#### [Task directions]
If a line in the entries below includes "calls", show that line.

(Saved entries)

-- Opening Marker --

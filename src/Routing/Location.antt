-- ===== src/Routing/Location.antt =====
-- internal/routing/routing.go, MatchesLocation: what the tests on a location mean.
use netweave.Common.{
  ℕ, String, ◌≡◌, ◌≢◌, inl, inr, Bool, true, false, not, List, ◌++◌, arith, if◌then◌else◌, refl,
  ◌==◌, eq_iff, codes, starts, ends, occurs, starts_iff, ends_sound, ends_complete, occurs_sound,
  occurs_complete, String-cases,
}
use netweave.Routing.{LocationCondition, matches_location}

-- What the criteria say, with the flags which of exact, prefix, suffix, contains is the first set.
abbrev pub Says : LocationCondition → String → Bool → Bool → Bool → Bool → Type 0
Says c location true _ _ _ = location ≡ c.exact
Says c location false true _ _ = (rest : List ℕ) × (codes location ≡ codes c.starting ++ rest)
Says c location false false true _ = (front : List ℕ) × (codes location ≡ front ++ codes c.ending)
Says c location false false false true =
    (front : List ℕ) × (rest : List ℕ) × (codes location ≡ front ++ (codes c.containing ++ rest))
Says c location false false false false = Unit

-- The location meets the first of the criteria that is not empty.
abbrev pub Meets : LocationCondition → String → Type 0
Meets c location =
    Says c location (not (c.exact == "")) (not (c.starting == "")) (not (c.ending == ""))
      (not (c.containing == ""))

-- The tests, with the same flags.
abbrev says : LocationCondition → String → Bool → Bool → Bool → Bool → Bool
says c location has_exact has_start has_end has_inside =
    if has_exact
    then location == c.exact
    else if has_start
    then starts (codes location) (codes c.starting)
    else if has_end
    then ends (codes location) (codes c.ending)
    else if has_inside
    then occurs (codes location) (codes c.containing)
    else true

says_iff :
    (c : LocationCondition) (location : String) (x s e i : Bool)
    → (says c location x s e i ≡ true → Says c location x s e i)
      × (Says c location x s e i → says c location x s e i ≡ true)
says_iff c location true _ _ _ = ((eq_iff location c.exact).0, (eq_iff location c.exact).1)
says_iff c location false true _ _ = (
  (starts_iff (codes location) (codes c.starting)).0,
  λ (rest, e). (starts_iff (codes location) (codes c.starting)).1 rest e,
)
says_iff c location false false true _ = (
  ends_sound (codes location) (codes c.ending),
  λ (front, e). ends_complete (codes location) (codes c.ending) front e,
)
says_iff c location false false false true = (
  occurs_sound (codes location) (codes c.containing),
  λ (front, rest, e). occurs_complete (codes location) (codes c.containing) front rest e,
)
says_iff c location false false false false = (λ _. tt, λ _. refl)

-- A location matches exactly if it is not empty and meets the first criterion that is set: it is
-- the exact text, it begins with the prefix, it ends in the suffix, or it has the text inside; and
-- each location that is not empty matches if none is set.
pub matches_location_iff :
    (c : LocationCondition) (location : String)
    → (matches_location c location ≡ true → (location ≢ "") × Meets c location)
      × (location ≢ "" → Meets c location → matches_location c location ≡ true)
unfolding matches_location
matches_location_iff c location = elim (String-cases location "") [
  | inl (b, same) ↦ (λ h. absurd (ground arith), λ other m. absurd (other same))
  | inr (b, other) ↦
      let (to, from) =
        says_iff c location (not (c.exact == "")) (not (c.starting == "")) (not (c.ending == ""))
          (not (c.containing == "")) in
      (λ h. (other, to (rw b at h)), λ _ m. rw b (from m))
]
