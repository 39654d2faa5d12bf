-- ===== src/Routing/Order.antt =====
-- internal/routing/routing.go: the order of the rules, and what it means for the choice.
use netweave.Common.{
  ℕ, suc, String, ◌≡◌, refl, sym, ap, subst, inl, inr, true, Option, List, [], ◌∷◌, ◌++◌, arith,
  All, Among, lookup, Result, ok, after, ◌==◌, ◌≤ℤ◌, ≤ℤ_refl, ltb_ℤ-false, Bool-cases, Option-cases,
  Result-cases,
}
use netweave.DmsRegistry.{Adapter, DmsRegistry}
use netweave.Routing.{
  Rule, Context, Router, RoutingError, still, applies, collect, collect_matching_adapters,
}
use netweave.Routing.Rules.{
  IsWeakOrder, IsSorted, Rearranges, none_left, keep, exchange, chain, Sorter, higher, sort_rules,
  add_rule, update_rule, remove_rule, replace_rule, without_rule, enable_aggregation,
  disable_aggregation,
}
use netweave.Routing.Config.{Config, new_router, convert_rules, or_default}

pub higher-IsWeakOrder : IsWeakOrder higher
higher-IsWeakOrder = (λ a b h. ground arith, λ a b c h k. ground arith)

pub Among-rearranges :
    {A : Type 0} {xs ys : List A} (a : A) → Rearranges xs ys → Among a xs → Among a ys
Among-rearranges a none_left m = m
Among-rearranges a (keep p) (inl same) = inl same
Among-rearranges a (keep p) (inr m) = inr (Among-rearranges a p m)
Among-rearranges a exchange (inl same) = inr (inl same)
Among-rearranges a exchange (inr (inl same)) = inl same
Among-rearranges a exchange (inr (inr m)) = inr (inr m)
Among-rearranges a (chain p q) m = Among-rearranges a q (Among-rearranges a p m)

-- The calls that change a router.
pub data Call : Type 0 where
  adds updates : Rule → Call
  removes : String → Call
  enables_aggregation disables_aggregation : Call

abbrev pub InOrder : Router → Type 0
InOrder r = IsSorted higher r.rules

All-without_rule :
    (P : Rule → Type 0) (name : String) (rules : List Rule)
    → All P rules
    → All P (without_rule name rules)
unfolding without_rule
All-without_rule P name [] h = tt
All-without_rule P name (rule ∷ rules) (h, hs) = elim (Bool-cases (rule.name == name)) [
  | inl e ↦ rw e (All-without_rule P name rules hs)
  | inr e ↦ rw e (h, All-without_rule P name rules hs)
]

without_rule-IsSorted :
    (name : String) (rules : List Rule)
    → IsSorted higher rules
    → IsSorted higher (without_rule name rules)
unfolding without_rule
without_rule-IsSorted name [] h = tt
without_rule-IsSorted name (rule ∷ rules) (h, hs) = elim (Bool-cases (rule.name == name)) [
  | inl e ↦ rw e (without_rule-IsSorted name rules hs)
  | inr e ↦ rw e (All-without_rule _ name rules h, without_rule-IsSorted name rules hs)
]

module _ (sorter : Sorter) where
  pub call : Router → Call → Result RoutingError Router
  call r (adds rule) = ok (add_rule sorter r rule)
  call r (updates rule) = update_rule sorter r rule
  call r (removes name) = ok (remove_rule r name)
  call r enables_aggregation = ok (enable_aggregation r)
  call r disables_aggregation = ok (disable_aggregation r)

  sort_rules-IsSorted : (rules : List Rule) → IsSorted higher (sort_rules sorter rules)
  unfolding sort_rules
  sort_rules-IsSorted rules = sorter.sorts higher rules higher-IsWeakOrder

  update_rule-InOrder : (r t : Router) (rule : Rule) → update_rule sorter r rule ≡ ok t → InOrder t
  unfolding update_rule
  update_rule-InOrder r t rule h = elim (Option-cases (replace_rule sorter rule r.rules)) [
    | inl e ↦ absurd (ground arith)
    | inr (changed, e) ↦
        let same : record r { rules = sort_rules sorter changed } ≡ t = ground arith in
        subst InOrder same (sort_rules-IsSorted changed)
  ]

  call-InOrder : (r t : Router) (c : Call) → call r c ≡ ok t → InOrder r → InOrder t
  unfolding call add_rule remove_rule enable_aggregation disable_aggregation
  call-InOrder r t (adds rule) h v =
      let same : add_rule sorter r rule ≡ t = ground arith in
      subst InOrder same (sort_rules-IsSorted (r.rules ++ (rule ∷ [])))
  call-InOrder r t (updates rule) h v = update_rule-InOrder r t rule h
  call-InOrder r t (removes name) h v =
      let same : remove_rule r name ≡ t = ground arith in
      subst InOrder same (without_rule-IsSorted name r.rules v)
  call-InOrder r t enables_aggregation h v =
      let same : enable_aggregation r ≡ t = ground arith in subst InOrder same v
  call-InOrder r t disables_aggregation h v =
      let same : disable_aggregation r ≡ t = ground arith in subst InOrder same v

  pub run : Router → List Call → Router
  run r [] = r
  run r (c ∷ cs) = run (after r (call r c)) cs

  run_from-InOrder : (r : Router) (cs : List Call) → InOrder r → InOrder (run r cs)
  unfolding run
  run_from-InOrder r [] v = v
  run_from-InOrder r (c ∷ cs) v = elim (Result-cases (call r c)) [
    | inl (t, e) ↦
        subst (λ o. InOrder (run (after r o) cs)) (sym e)
          (run_from-InOrder t cs (call-InOrder r t c e v))
    | inr (x, e) ↦ subst (λ o. InOrder (run (after r o) cs)) (sym e) (run_from-InOrder r cs v)
  ]

  -- A router made from any configuration, after any calls that add, update and remove rules or
  -- switch the aggregation, has no rule behind one of lower priority.
  pub run-InOrder :
      (config : Option Config) (cs : List Call) → InOrder (run (new_router sorter config) cs)
  unfolding new_router
  run-InOrder config cs =
      run_from-InOrder _ cs (sort_rules-IsSorted (convert_rules (or_default config).rules))

pub All-of_Among :
    (P : Rule → Type 0) (rules : List Rule) (rule : Rule) → All P rules → Among rule rules → P rule
All-of_Among P [] rule h m = absurd m
All-of_Among P (r ∷ rules) rule (h, hs) (inl same) = subst P same h
All-of_Among P (r ∷ rules) rule (h, hs) (inr m) = All-of_Among P rules rule hs m

-- A rule of the list that applies, and beside which none that applies has a higher priority.
abbrev pub Best : DmsRegistry → Context → List Rule → Rule → Type 0
Best reg ctx rules rule =
    Among rule rules
    × (applies reg ctx rule ≡ true)
    × ((other : Rule)
        → Among other rules
        → applies reg ctx other ≡ true
        → other.priority ≤ℤ rule.priority)

collect-first :
    (reg : DmsRegistry) (ctx : Context) (i : ℕ) (rules : List Rule) (a : Option Adapter)
    (rest : List (Option Adapter))
    → IsSorted higher rules
    → collect (still reg) i ctx rules [] ≡ a ∷ rest
    → (rule : Rule) × Best reg ctx rules rule × (lookup rule.adapter_name reg.plugins ≡ a)
unfolding collect lookup
collect-first reg ctx i [] a rest s h = absurd (ground arith)
collect-first reg ctx i (rule ∷ rules) a rest (s, ss) h = elim (Bool-cases (applies reg ctx rule)) [
  | inl e ↦
      let same : lookup rule.adapter_name reg.plugins ≡ a = ground arith in
      let top : (other : Rule)
          → Among other (rule ∷ rules)
          → applies reg ctx other ≡ true
          → other.priority ≤ℤ rule.priority =
        λ other m f. elim m [
          | inl is ↦ subst (λ x. x.priority ≤ℤ rule.priority) is (≤ℤ_refl rule.priority)
          | inr later ↦
              ltb_ℤ-false rule.priority other.priority (All-of_Among _ rules other s later)
        ] in
      (rule, (inl refl, e, top), same)
  | inr e ↦
      let later : collect (still reg) (suc i) ctx rules [] ≡ a ∷ rest = ground arith in
      let (q, (m, f, top), same) = collect-first reg ctx (suc i) rules a rest ss later in
      (
        q,
        (
          inr m,
          f,
          λ other there g. elim there [
            | inl is ↦ absurd (ground (arith, ap (applies reg ctx) is))
            | inr there ↦ top other there g
          ],
        ),
        same,
      )
]

-- In a router whose rules are in order of priority, the first adapter that
-- collect_matching_adapters returns is that of a rule that applies, and no rule that applies has a
-- higher priority.
pub collect_matching_adapters-first :
    (reg : DmsRegistry) (ctx : Context) (r : Router) (a : Option Adapter)
    (rest : List (Option Adapter))
    → InOrder r
    → collect_matching_adapters (still reg) r ctx ≡ a ∷ rest
    → (rule : Rule) × Best reg ctx r.rules rule × (lookup rule.adapter_name reg.plugins ≡ a)
unfolding collect_matching_adapters
collect_matching_adapters-first reg ctx r a rest v h = collect-first reg ctx 0 r.rules a rest v h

-- Closing Marker --

#### [The answer]
-- The calls that change a router.
  -- A router made from any configuration, after any calls that add, update and remove rules or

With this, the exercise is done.